- [GIVEN INFORMATION]:
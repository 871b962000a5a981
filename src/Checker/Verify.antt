-- ===== src/Checker/Verify.antt =====
-- The verification of `TorrentChecker::check`, src/torrent_checker.cpp. What libtorrent reports of the
-- torrent and its hash functions are parameters.
pub mod Pieces
pub mod Files
pub mod Intact
mod Examples
use torrent_builder.Common.{
  ℕ, zero, suc, ◌+◌, ◌-◌, ◌*◌, ◌/◌, Bytes, List, [], ◌∷◌, ◌++◌, map, Bool, true, false, not, ◌&&◌,
  ◌||◌, ltb, leb, ◌==◌, if◌then◌else◌, Option, none, some, has_value, Result, ok, err, ◌>>=◌,
  is_empty, length, take, drop, any, codes, bytes_eq,
}
use Prim.Native.Nat.{min}
use torrent_builder.Text.{to_lower}
use torrent_builder.Checker.{StoredFile, file_end, Disk, find_file_for_piece, read_piece_data}

pub record MissingFile : Type 0 where
  pub path : Bytes
  pub expected_size : ℕ

pub record CorruptedPiece : Type 0 where
  pub index : ℕ
  pub offset : ℕ

pub record ExtraFile : Type 0 where
  pub path : Bytes
  pub size : ℕ

pub record FileResult : Type 0 where
  pub path : Bytes
  pub expected_size : ℕ
  pub actual_size : ℕ
  pub exists : Bool
  pub size_matches : Bool

-- `CheckResult` without its percentage, a floating-point number for printing.
pub record CheckResult : Type 0 where
  pub passed : Bool
  pub total_size_expected : ℕ
  pub total_size_verified : ℕ
  pub pieces_total : ℕ
  pub pieces_verified : ℕ
  pub pieces_corrupted : ℕ
  pub missing_files : List MissingFile
  pub corrupted_pieces : List CorruptedPiece
  pub extra_files : List ExtraFile
  pub file_results : List FileResult

-- What `lt::torrent_info` reports: `hash_for_piece` is the 20 bytes of a v1 hash, `piece_layer` the
-- hashes of a file of a v2 torrent, 32 bytes each.
pub record TorrentInfo : Type 0 where
  pub files : List StoredFile
  pub piece_length : ℕ
  pub total_size : ℕ
  pub num_pieces : ℕ
  pub has_v1 : Bool
  pub has_v2 : Bool
  pub hash_for_piece : ℕ → Bytes
  pub piece_layer : ℕ → Bytes

-- `lt::hasher` and `lt::hasher256`.
pub record Hashers : Type 0 where
  pub sha1 : Bytes → Bytes
  pub sha256 : Bytes → Bytes

-- An entry of the directory that is walked for extra files, its path relative to the directory.
pub record DirEntry : Type 0 where
  pub path : Bytes
  pub is_symlink : Bool
  pub is_regular_file : Bool
  -- none where it cannot be read
  pub size : Option ℕ

-- The result of one file. A path that exists without a file size (a directory) is none on the disk.
unfoldable pub file_result : Disk → StoredFile → FileResult
file_result disk f = elim (disk f.path) [
  | none ↦ record {
    path = f.path;
    expected_size = f.size;
    actual_size = 0;
    exists = false;
    size_matches = false;
  }
  | some content ↦ record {
    path = f.path;
    expected_size = f.size;
    actual_size = length content;
    exists = true;
    size_matches = length content == f.size;
  }
]

-- `check_missing_files`: the missing files, and the results of all files.
unfoldable pub check_missing_files : Disk → List StoredFile → List MissingFile × List FileResult
unfolding file_result
check_missing_files disk [] = ([], [])
check_missing_files disk (f ∷ fs) =
    let rest = check_missing_files disk fs in
    let fr = file_result disk f in
    if f.pad
    then rest
    else if not fr.exists
    then (record { path = fr.path; expected_size = fr.expected_size } ∷ rest.0, fr ∷ rest.1)
    else (rest.0, fr ∷ rest.1)

module _ (hashers : Hashers) (info : TorrentInfo) where
  unfoldable pub verify_piece_v1 : ℕ → Bytes → Bool
  verify_piece_v1 piece_index buffer =
      bytes_eq (hashers.sha1 buffer) (info.hash_for_piece piece_index)

  -- The file that holds the start of the piece, with its index.
  unfoldable pub verify_layer : ℕ → Bytes → StoredFile → ℕ → Bool
  verify_layer piece_index buffer f i =
      let piece_offset = piece_index * info.piece_length in
      let layer = info.piece_layer i in
      let file_piece_offset = f.offset / info.piece_length in
      let local_index = piece_index - file_piece_offset in
      let data_start = f.offset - piece_offset in
      let data_end = min info.piece_length (file_end f - piece_offset) in
      if is_empty layer
      then true
      else if ltb piece_index file_piece_offset || leb (length layer / 32) local_index
      then true
      else bytes_eq (hashers.sha256 (take (data_end - data_start) (drop data_start buffer)))
          (take 32 (drop (local_index * 32) layer))

  -- The loop of `verify_piece_v2`, from the file with the index `i` on.
  unfoldable pub verify_v2_loop : ℕ → Bytes → List StoredFile → ℕ → Bool
  verify_v2_loop piece_index buffer [] i = true
  verify_v2_loop piece_index buffer (f ∷ fs) i =
      let piece_offset = piece_index * info.piece_length in
      let rest = verify_v2_loop piece_index buffer fs (i + 1) in
      if f.pad
      then rest
      else if leb (piece_offset + info.piece_length) f.offset
      then true
      else if not (leb f.offset piece_offset && ltb piece_offset (file_end f))
      then rest
      else verify_layer piece_index buffer f i

  unfoldable pub verify_piece_v2 : ℕ → Bytes → Bool
  unfolding verify_v2_loop verify_layer
  verify_piece_v2 piece_index buffer =
      elim (find_file_for_piece info.files (piece_index * info.piece_length)) [
        | none ↦ true
        | some file_idx ↦ verify_v2_loop piece_index buffer (drop file_idx info.files) file_idx
      ]

  -- `piece_ok`, for the buffer that was read.
  unfoldable pub piece_ok : Disk → ℕ → Bool
  piece_ok disk i =
      let buffer = read_piece_data i info.piece_length info.total_size disk info.files in
      (not info.has_v1 || verify_piece_v1 i buffer) && (not info.has_v2 || verify_piece_v2 i buffer)

  -- The loop of `verify_all_pieces`, over `count` pieces from `i` on.
  unfoldable pub verify_loop : Disk → ℕ → ℕ → List CorruptedPiece
  verify_loop disk zero i = []
  verify_loop disk (suc count) i =
      let rest = verify_loop disk count (i + 1) in
      if piece_ok disk i then rest else record { index = i; offset = i * info.piece_length } ∷ rest

  unfoldable pub verify_all_pieces : Disk → List CorruptedPiece
  unfolding verify_loop
  verify_all_pieces disk = verify_loop disk info.num_pieces 0

-- The paths of the torrent, in lower case.
unfoldable pub torrent_paths : List StoredFile → List Bytes
torrent_paths [] = []
torrent_paths (f ∷ fs) =
    let rest = torrent_paths fs in if f.pad then rest else to_lower f.path ∷ rest

-- The loop of `find_extra_files`. A size that cannot be read is reported as 0, and its error ends the
-- loop at the next entry.
unfoldable pub extra_loop : List Bytes → List DirEntry → List ExtraFile
extra_loop paths [] = []
extra_loop paths (entry ∷ entries) =
    let rest = extra_loop paths entries in
    if entry.is_symlink
    then rest
    else if not entry.is_regular_file
    then rest
    else if any (bytes_eq (to_lower entry.path)) paths
    then rest
    else (elim entry.size [
      | none ↦ record { path = entry.path; size = 0 } ∷ []
      | some size ↦ record { path = entry.path; size = size } ∷ rest
    ])

-- The walk has no entries if the path is no directory, or if it cannot be opened; where going on or
-- asking for the kind of an entry throws, the walk is the text of the exception.
unfoldable pub find_extra_files :
    List Bytes → Result Bytes (List DirEntry) → Result Bytes (List ExtraFile)
unfolding extra_loop
find_extra_files paths walk = walk >>= λ entries. ok (extra_loop paths entries)

-- `if (fr.exists) result.total_size_verified += fr.actual_size;`
unfoldable pub verified_size : List FileResult → ℕ → ℕ
verified_size [] sum = sum
verified_size (fr ∷ frs) sum = verified_size frs (if fr.exists then sum + fr.actual_size else sum)

-- `TorrentChecker::check` behind its test that the torrent is loaded; `walk` are the entries below
-- the content path, `exists` says whether there is such a path.
unfoldable pub check :
    Hashers
    → TorrentInfo
    → Bool
    → Bytes
    → Disk
    → Result Bytes (List DirEntry)
    → Result Bytes CheckResult
check hashers info exists content_path disk walk =
    let (missing, results) = check_missing_files disk info.files in
    let corrupted = verify_all_pieces hashers info disk in
    if not exists
    then err (codes "Content path does not exist: " ++ content_path)
    else find_extra_files (torrent_paths info.files) walk >>= (λ extra. ok (record {
      passed = is_empty missing && is_empty corrupted;
      total_size_expected = info.total_size;
      total_size_verified = verified_size results 0;
      pieces_total = info.num_pieces;
      pieces_verified = info.num_pieces - length corrupted;
      pieces_corrupted = length corrupted;
      missing_files = missing;
      corrupted_pieces = corrupted;
      extra_files = extra;
      file_results = results;
    }))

- [AIM OF THE EXERCISE]: Could you return exactly the lines above from the line with "unfoldable pub piece_ok : Disk → ℕ → Bool" to the line with "verify_loop disk zero i = []", both included, and nothing else?

- [RESULT OF THE EXERCISE]:
  unfoldable pub piece_ok : Disk → ℕ → Bool
  piece_ok disk i =
      let buffer = read_piece_data i info.piece_length info.total_size disk info.files in
      (not info.has_v1 || verify_piece_v1 i buffer) && (not info.has_v2 || verify_piece_v2 i buffer)

  -- The loop of `verify_all_pieces`, over `count` pieces from `i` on.
  unfoldable pub verify_loop : Disk → ℕ → ℕ → List CorruptedPiece
  verify_loop disk zero i = []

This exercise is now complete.